** Opening Stored data block **
-- ===== src/App/LoopTest/Rounds.antt =====
-- What main_txrx_test of userspace/test_app/src/tc_test.c hands to the engines.
use streamio.Common.{
  ℕ, zero, suc, ◌+◌, ◌*◌, ◌%◌, ◌^◌, ◌<◌, ◌≤◌, ◌≡◌, refl, ◌∙◌, some, [], ◌∷◌, ◌++◌, arith,
}
use streamio.Dma.{buffer_size, buffer_count, sizeof_channel_buffer}
use streamio.Dma.Contents.{contents}
use streamio.Local.Contents.{io_write_stream_local-contents, io_finish_stream_local-contents}
use streamio.Local.Ring.{RingIsValid}
use streamio.Local.Drain.{IsBack}
use streamio.Remote.Deliver.Calls.{Willing}
use streamio.Backend.{
  MappedChannel, Registers, io_write_stream_device, io_read_stream_device, io_sync_stream_device,
}
use streamio.Backend.Writes.{write_all-after, after, after-ext, AllFit-first_eight, device}
use streamio.App.{buffer_in_bytes}
use streamio.App.Transfers.{
  Transfers, write_stream-Transfers, finish_stream-Transfers, no-Transfers, more-Transfers,
}
use streamio.App.Transmit.{packet_bytes, Sends, no_rounds, one_round}
use streamio.App.TxTest.{tx_test_reset}
use streamio.App.{Transmitter}
use streamio.App.LoopTest.{
  loop_size, loop_setup, loop_header, LoopAnswers, LoopState, loop_round, loop_rounds,
  main_txrx_test,
}
use streamio.App.LoopTest.Stale.{AllRoom}
use streamio.App.LoopTest.Ask.{ask_packet, ask_buffer}
use streamio.App.LoopTest.Fill.{loop_packet, fill_buffer, fill_buffer-memory, Filled-AllRoom}

-- The engines take each transfer and complete in time.
pub record AllWilling (a : LoopAnswers) : Type 0 where
  pub tx : Willing a.tx
  pub rx : Willing a.rx
  pub tx_sync : (k : ℕ) → Willing (a.tx_sync k)
  pub rx_sync : (k : ℕ) → Willing (a.rx_sync k)

-- The state that a round can start from.
pub record LoopReady (s : LoopState) : Type 0 where
  pub sender : RingIsValid s.sender.device
  pub receiver : RingIsValid s.receiver
  pub room : AllRoom (contents s.sender.device.channel)

-- No buffer is with the engine.
abbrev pub AllBack : LoopState → Type 0
AllBack s =
    (j : ℕ) → j < buffer_count → IsBack s.sender.device.channel j × IsBack s.receiver.channel j

-- What `n` rounds from round `j` on make of the devices.
pub record Loops (start n j : ℕ) (s s' : LoopState) : Type 0 where
  pub ready : LoopReady s'
  pub sent : Sends (packet_bytes loop_size) (loop_packet start) n j s.sender s'.sender
  pub asked : Transfers buffer_size n s.receiver s'.receiver

loop_round-Loops :
    (a : LoopAnswers) (start j : ℕ) (s : LoopState)
    → LoopReady s
    → AllWilling a
    → (s' : LoopState) × (loop_round a start j s ≡ some s') × Loops start 1 j s s' × AllBack s'
unfolding loop_round io_write_stream_device io_read_stream_device io_sync_stream_device
loop_round-Loops a start j s ok w =
    let size = packet_bytes loop_size in
    let i = s.sender.device.current_buffer_id in
    let t = ask_buffer a.tx s.sender.device ok.sender ok.room w.tx in
    let (c1, c2, c3, p1, p2, p3, f) =
      fill_buffer start j i t.device t.given.buffer t.given.valid ok.sender.current t.given.found
        t.fits in
    let (r, r1, d, e2, p4, e4, asked) = ask_packet a.rx s.receiver ok.receiver w.rx in
    let (l1, e3, sent) =
      write_stream-Transfers size a.tx s.sender.device t.device c3 ok.sender w.tx t.given f.valid
        f.issued f.base (omega arith) in
    let (l2, e5, sent2, back) =
      finish_stream-Transfers size 1 a.tx_sync s.sender.device l1 sent w.tx_sync in
    let (r2, e6, asked2, back2) =
      finish_stream-Transfers buffer_size 1 a.rx_sync s.receiver r1 asked w.rx_sync in
    let whole : buffer_in_bytes (loop_header start j) % 2 ^ 32 ≡ size = omega arith in
    let memory = fill_buffer-memory start j i t.device c3 f in
    let kept : contents l2.channel ≡ contents c3 =
      io_finish_stream_local-contents a.tx_sync l1 e5
      ∙ io_write_stream_local-contents a.tx (sizeof_channel_buffer * i) size
          (record (t.device) { channel = c3 }) e3 in
    let sender : Transmitter = record {
      device = l2;
      handed = s.sender.handed ++ (loop_packet start j ∷ []);
    } in
    (
      record { sender = sender; receiver = r2 },
      rw (t.run, t.given.found, p1, p2, e2, p4, p3, f.found, whole)
          (rw (memory, e3, e4, e5, e6) refl),
      record {
        ready = record {
          sender = sent2.valid;
          receiver = asked2.valid;
          room = rw kept (Filled-AllRoom start j i t.device c3 f t.room);
        };
        sent = record { transfers = sent2; given = refl };
        asked = asked2;
      },
      λ k lt. (back k lt, back2 k lt),
    )

-- `ended` tells whether a round was done before.
loop_rounds-Loops :
    (answers : ℕ → LoopAnswers) (start n j ended : ℕ) (s : LoopState)
    → LoopReady s
    → ((k : ℕ) → AllWilling (answers k))
    → (0 < ended → AllBack s)
    → (s' : LoopState) × (loop_rounds answers start n j s ≡ some s')
      × Loops start n j s s'
      × (0 < ended + n → AllBack s')
unfolding loop_rounds
loop_rounds-Loops answers start zero j ended s ok w back = (
  s,
  refl,
  record {
    ready = ok;
    sent = no_rounds (packet_bytes loop_size) (loop_packet start) j s.sender ok.sender;
    asked = no-Transfers buffer_size s.receiver ok.receiver;
  },
  λ pos. back (omega (arith, pos)),
)
loop_rounds-Loops answers start (suc n) j ended s ok w back =
    let (s1, e1, one, back1) = loop_round-Loops (answers j) start j s ok (w j) in
    let (s2, e2, more, back2) =
      loop_rounds-Loops answers start n (j + 1) 1 s1 one.ready w (λ pos. back1) in
    (
      s2,
      rw e1 e2,
      record {
        ready = more.ready;
        sent =
            one_round (packet_bytes loop_size) (loop_packet start) n j s.sender s1.sender s2.sender
              one.sent more.sent;
        asked =
            more-Transfers buffer_size n s.receiver s1.receiver s2.receiver one.asked more.asked;
      },
      λ pos. back2 (omega arith),
    )

-- `main_txrx_test` over any backend that keeps its promise of at least eight registers, and valid rings
-- whose engines take each transfer and complete in time, where the length that each buffer of the
-- sender holds at first is one with which the buffer can be filled: it runs to its end. The reset
-- is taken at the end and the other registers are set. The sender's engine was given a packet
-- for every round and the receiver's a whole buffer to fill, each in its ring's order from the current
-- buffer on, each packet of just its header and the words that go up through all packets; and if
-- there was a round, no buffer of either ring is left with an engine.
pub main_txrx_test-Loops :
    {S : Type 0} (ch : MappedChannel S) (laws : Registers ch) (answers : ℕ → LoopAnswers)
    (start packet_loops : ℕ) (s : S) (devices : LoopState)
    → laws.Usable s
    → 8 ≤ laws.size s
    → LoopReady devices
    → ((k : ℕ) → AllWilling (answers k))
    → (s' : S) × (ended : LoopState) × (main_txrx_test
          (device ch)
          answers
          start
          packet_loops
          s
          devices
        ≡ some (s', ended))
      × ((i : ℕ) → laws.contents s' i ≡ after tx_test_reset (after loop_setup (laws.contents s)) i)
      × Loops start packet_loops 0 devices ended
      × (0 < packet_loops → AllBack ended)
unfolding main_txrx_test
main_txrx_test-Loops ch laws answers start n s devices u size ok w =
    let (s1, e1, u1, n1, regs1) =
      write_all-after ch laws loop_setup s u
        (AllFit-first_eight (laws.size s) loop_setup refl size) in
    let (ended, e2, loops, back) =
      loop_rounds-Loops answers start n 0 0 devices ok w (λ pos. absurd (omega (arith, pos))) in
    let (s2, e3, u2, n2, regs2) =
      write_all-after ch laws tx_test_reset s1 u1
        (AllFit-first_eight (laws.size s1) tx_test_reset refl (omega (arith, n1, size))) in
    (
      s2,
      ended,
      rw (e1, e2) (rw e3 refl),
      λ i.
          regs2 i
          ∙ after-ext tx_test_reset (laws.contents s1) (after loop_setup (laws.contents s)) regs1 i,
      loops,
      λ pos. back (omega (arith, pos)),
    )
** Closing Stored data block **
▶ Task item
Give again, exactly, every line from the one holding "some (s', ended))" to the last line of the data.

▶ Output of the exercise
        ≡ some (s', ended))
      × ((i : ℕ) → laws.contents s' i ≡ after tx_test_reset (after loop_setup (laws.contents s)) i)
      × Loops start packet_loops 0 devices ended
      × (0 < packet_loops → AllBack ended)
unfolding main_txrx_test
main_txrx_test-Loops ch laws answers start n s devices u size ok w =
    let (s1, e1, u1, n1, regs1) =
      write_all-after ch laws loop_setup s u
        (AllFit-first_eight (laws.size s) loop_setup refl size) in
    let (ended, e2, loops, back) =
      loop_rounds-Loops answers start n 0 0 devices ok w (λ pos. absurd (omega (arith, pos))) in
    let (s2, e3, u2, n2, regs2) =
      write_all-after ch laws tx_test_reset s1 u1
        (AllFit-first_eight (laws.size s1) tx_test_reset refl (omega (arith, n1, size))) in
    (
      s2,
      ended,
      rw (e1, e2) (rw e3 refl),
      λ i.
          regs2 i
          ∙ after-ext tx_test_reset (laws.contents s1) (after loop_setup (laws.contents s)) regs1 i,
      loops,
      λ pos. back (omega (arith, pos)),
    )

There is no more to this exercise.